Think Harder and Don't Overlook Your Options: Revisiting Issue-Commit Linking with LLM-Assisted Retrieval
Cole Morgan, Muhammad Asaduzzaman, Shaiful Chowdhurry, Shaowei Wang

TL;DR
This paper evaluates various retrieval and reranking techniques, including LLMs, for linking issue reports to commits, finding dense retrieval methods and traditional models most effective.
Contribution
It provides a comprehensive comparison of established and modern retrieval and reranking techniques, highlighting the practicality of dense retrieval and traditional models over LLMs.
Findings
Dense retrieval outperforms sparse methods in relevant commit identification.
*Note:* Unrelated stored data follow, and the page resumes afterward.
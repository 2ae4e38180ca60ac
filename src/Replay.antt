-- ===== src/Replay.antt =====
-- The replay of history, src/ai_trading_team/replay.
pub mod Clock
pub mod Source
mod Examples
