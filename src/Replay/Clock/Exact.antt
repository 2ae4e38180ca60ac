-- ===== src/Replay/Clock/Exact.antt =====
-- The schedules that `ReplayClock` accepts.
use my_team_tradding.Budget.Ledger.{values}
use my_team_tradding.Prelude.{
  ==_iff, All, Bool-cases, List, [], and_elim, and_intro, any, ap, arith, false, inl, inr, is_empty,
  ltb, ltb→lt, lt→ltb, map, not, not-eq-false, or-eq-false, refl, subst, true, ℕ, ◌<◌, ◌==◌, ◌||◌,
  ◌↔◌, ◌∙◌, ◌∷◌, ◌≡◌, ◌≢◌, ◌≤◌,
}
use my_team_tradding.Prelude.Result.{>>=-returned, ok, ok-injective, refused-eq-ok, ◌>>=◌}
use my_team_tradding.Replay.Clock.{
  DatasetPartition, check_values, insert_new, is_outside, make_clock, normalize_schedule,
  same_values, sorted_set,
}
use my_team_tradding.Time.{Datetime, aware, naive}

-- Strictly increasing: each value lies below all that follow.
abbrev pub IsIncreasing : List ℕ → Type 0
IsIncreasing [] = Unit
IsIncreasing (x ∷ xs) = All (λ y. x < y) xs × IsIncreasing xs

All-insert_new : (P : ℕ → Type 0) (x : ℕ) (ys : List ℕ) → P x → All P ys → All P (insert_new x ys)
unfolding insert_new
All-insert_new P x [] p h = (p, tt)
All-insert_new P x (y ∷ ys) p h = elim (Bool-cases (ltb x y)) [
  | inl below ↦ rw below (p, h)
  | inr above ↦ elim (Bool-cases (x == y)) [
    | inl same ↦ rw (above, same) h
    | inr other ↦ rw (above, other) (h.0, All-insert_new P x ys p h.1)
  ]
]

below-All : (x y : ℕ) (ys : List ℕ) → x < y → All (λ z. y < z) ys → All (λ z. x < z) ys
below-All x y [] h below = tt
below-All x y (z ∷ zs) h below = (omega (arith, h, below.0), below-All x y zs h below.1)

insert_new-IsIncreasing : (x : ℕ) (ys : List ℕ) → IsIncreasing ys → IsIncreasing (insert_new x ys)
unfolding insert_new
insert_new-IsIncreasing x [] h = (tt, tt)
insert_new-IsIncreasing x (y ∷ ys) h = elim (Bool-cases (ltb x y)) [
  | inl below ↦
      let first : x < y = ltb→lt x y below in rw below ((first, below-All x y ys first h.0), h)
  | inr above ↦ elim (Bool-cases (x == y)) [
    | inl same ↦ rw (above, same) h
    | inr other ↦
        let last : y < x = ground arith in
        rw (above, other)
          (All-insert_new (λ z. y < z) x ys last h.0, insert_new-IsIncreasing x ys h.1)
  ]
]

pub sorted_set-IsIncreasing : (xs : List ℕ) → IsIncreasing (sorted_set xs)
unfolding sorted_set
sorted_set-IsIncreasing [] = tt
sorted_set-IsIncreasing (x ∷ xs) = insert_new-IsIncreasing x _ (sorted_set-IsIncreasing xs)

insert_first : (x : ℕ) (ys : List ℕ) → All (λ y. x < y) ys → insert_new x ys ≡ x ∷ ys
unfolding insert_new
insert_first x [] h = refl
insert_first x (y ∷ ys) h = rw (lt→ltb x y h.0) refl

sorted_set_fixed : (xs : List ℕ) → IsIncreasing xs → sorted_set xs ≡ xs
unfolding sorted_set
sorted_set_fixed [] h = refl
sorted_set_fixed (x ∷ xs) h = ap (insert_new x) (sorted_set_fixed xs h.1) ∙ insert_first x xs h.0

same_values_iff : (xs ys : List ℕ) → (same_values xs ys ≡ true) ↔ (xs ≡ ys)
same_values_iff [] [] = (λ h. refl, λ h. refl)
same_values_iff [] (y ∷ ys) = (λ h. cc, λ h. cc)
same_values_iff (x ∷ xs) [] = (λ h. cc, λ h. cc)
same_values_iff (x ∷ xs) (y ∷ ys) = (
  λ h.
      let (here, rest) = and_elim (x == y) (same_values xs ys) h in
      cc ((==_iff x y).0 here, (same_values_iff xs ys).0 rest),
  λ h. and_intro ((==_iff x y).1 (cc h)) ((same_values_iff xs ys).1 (cc h)),
)

-- A list is its own sorted set exactly when it is strictly increasing.
pub sorted_set_iff : (xs : List ℕ) → (same_values (sorted_set xs) xs ≡ true) ↔ IsIncreasing xs
sorted_set_iff xs = (
  λ h. subst IsIncreasing ((same_values_iff _ xs).0 h) (sorted_set-IsIncreasing xs),
  λ h. (same_values_iff _ xs).1 (sorted_set_fixed xs h),
)

abbrev pub IsInside : DatasetPartition → ℕ → Type 0
IsInside partition value = (partition.evaluation_start ≤ value) × (value < partition.evaluation_end)

IsInside-iff :
    (partition : DatasetPartition) (values : List ℕ)
    → (any (is_outside partition) values ≡ false) ↔ All (IsInside partition) values
IsInside-iff partition [] = (λ h. tt, λ h. refl)
IsInside-iff partition (v ∷ vs) = (
  λ h.
      let (here, rest) = or-eq-false (is_outside partition v) _ h in
      (ground arith, (IsInside-iff partition vs).0 rest),
  λ h. let rest = (IsInside-iff partition vs).1 h.1 in ground arith,
)

normalize_aware : (values : List ℕ) → normalize_schedule (map aware values) ≡ ok values
unfolding normalize_schedule
normalize_aware [] = refl
normalize_aware (v ∷ vs) = ap (λ m. m >>= λ instants. ok (v ∷ instants)) (normalize_aware vs)

all_aware :
    (schedule : List Datetime) (values : List ℕ)
    → normalize_schedule schedule ≡ ok values
    → schedule ≡ map aware values
unfolding normalize_schedule
all_aware [] values h = ap (map aware) (ok-injective h)
all_aware (naive t ∷ rest) values h = cc
all_aware (aware t ∷ rest) values h =
    let (instants, normalized, same) = >>=-returned (normalize_schedule rest) _ h in
    ap (λ x. aware t ∷ x) (all_aware rest instants normalized) ∙ ap (map aware) (ok-injective same)

-- The schedules of a partition.
pub record IsSchedule (schedule : List Datetime) (partition : DatasetPartition) (values : List ℕ)
    : Type 0 where
  pub instants : schedule ≡ map aware values
  pub nonempty : values ≢ []
  pub increasing : IsIncreasing values
  pub inside : All (IsInside partition) values

is_empty-ne : {A : Type 0} (xs : List A) → is_empty xs ≡ false → xs ≢ []
is_empty-ne [] h = cc
is_empty-ne (x ∷ xs) h = λ q. cc

ne-is_empty : {A : Type 0} (xs : List A) → xs ≢ [] → is_empty xs ≡ false
ne-is_empty [] h = absurd (h refl)
ne-is_empty (x ∷ xs) h = refl

check_values_ok :
    (partition : DatasetPartition) (values : List ℕ)
    → values ≢ []
    → IsIncreasing values
    → All (IsInside partition) values
    → check_values partition values ≡ ok (record { schedule = values; partition = partition })
unfolding check_values
check_values_ok partition values nonempty increasing inside =
    rw
      (
        ne-is_empty values nonempty,
        (sorted_set_iff values).1 increasing,
        (IsInside-iff partition values).1 inside,
      )
      refl

-- A replay clock is made of a schedule exactly when each of its timestamps is aware, there is one,
-- they are strictly increasing, and each lies in the evaluation range of the partition; the clock
-- then holds their instants in UTC.
pub make_clock_iff :
    (schedule : List Datetime) (partition : DatasetPartition) (values : List ℕ)
    → (make_clock schedule partition ≡ ok (record { schedule = values; partition = partition }))
      ↔ IsSchedule schedule partition values
unfolding make_clock check_values
make_clock_iff schedule partition values = (
  λ h.
      let (found, normalized, checked) = >>=-returned (normalize_schedule schedule) _ h in
      let (well_formed, h1) =
        refused-eq-ok (is_empty found || not (same_values (sorted_set found) found)) _ _ _
          checked in
      let (inside, h2) = refused-eq-ok (any (is_outside partition) found) _ _ _ h1 in
      let (some_value, ordered) = or-eq-false _ _ well_formed in
      let same : found ≡ values = ap (λ x. x.schedule) (ok-injective h2) in
      subst (IsSchedule schedule partition) same (record {
        instants = all_aware schedule found normalized;
        nonempty = is_empty-ne found some_value;
        increasing = (sorted_set_iff found).0 (not-eq-false _ ordered);
        inside = (IsInside-iff partition found).0 inside;
      }),
  λ h.
      let normalized : normalize_schedule schedule ≡ ok values =
        ap normalize_schedule h.instants ∙ normalize_aware values in
      ap (λ m. m >>= λ vs. check_values partition vs) normalized
      ∙ check_values_ok partition values h.nonempty h.increasing h.inside,
)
Combining dense and sparse retrieval improves recall.
Traditional machine learning rerankers outperform LLM-based approaches.
Abstract
Linking issue reports to the commits that resolve them is essential for software traceability, maintenance, and evolution. Accurate issue-commit links help developers to understand system changes and the rationale behind them. While numerous automated techniques have been proposed, ranging from heuristic and feature-based approaches to modern deep learning and large language model approaches, our goal is to evaluate these techniques to determine which are most effective and efficient. In this study, we revisit several established issue-commit link recovery techniques, including BTLink, EasyLink, FRLink, RCLinker, and Hybrid-Linker, and assess their performance for reranking issue-commit links. We first evaluate different retrieval methods (BM25, BM25L, SBERT-Semantic Search, ANNOY, LSH, HNSW) for their ability to efficiently retrieve relevant commits, reducing the candidate set that…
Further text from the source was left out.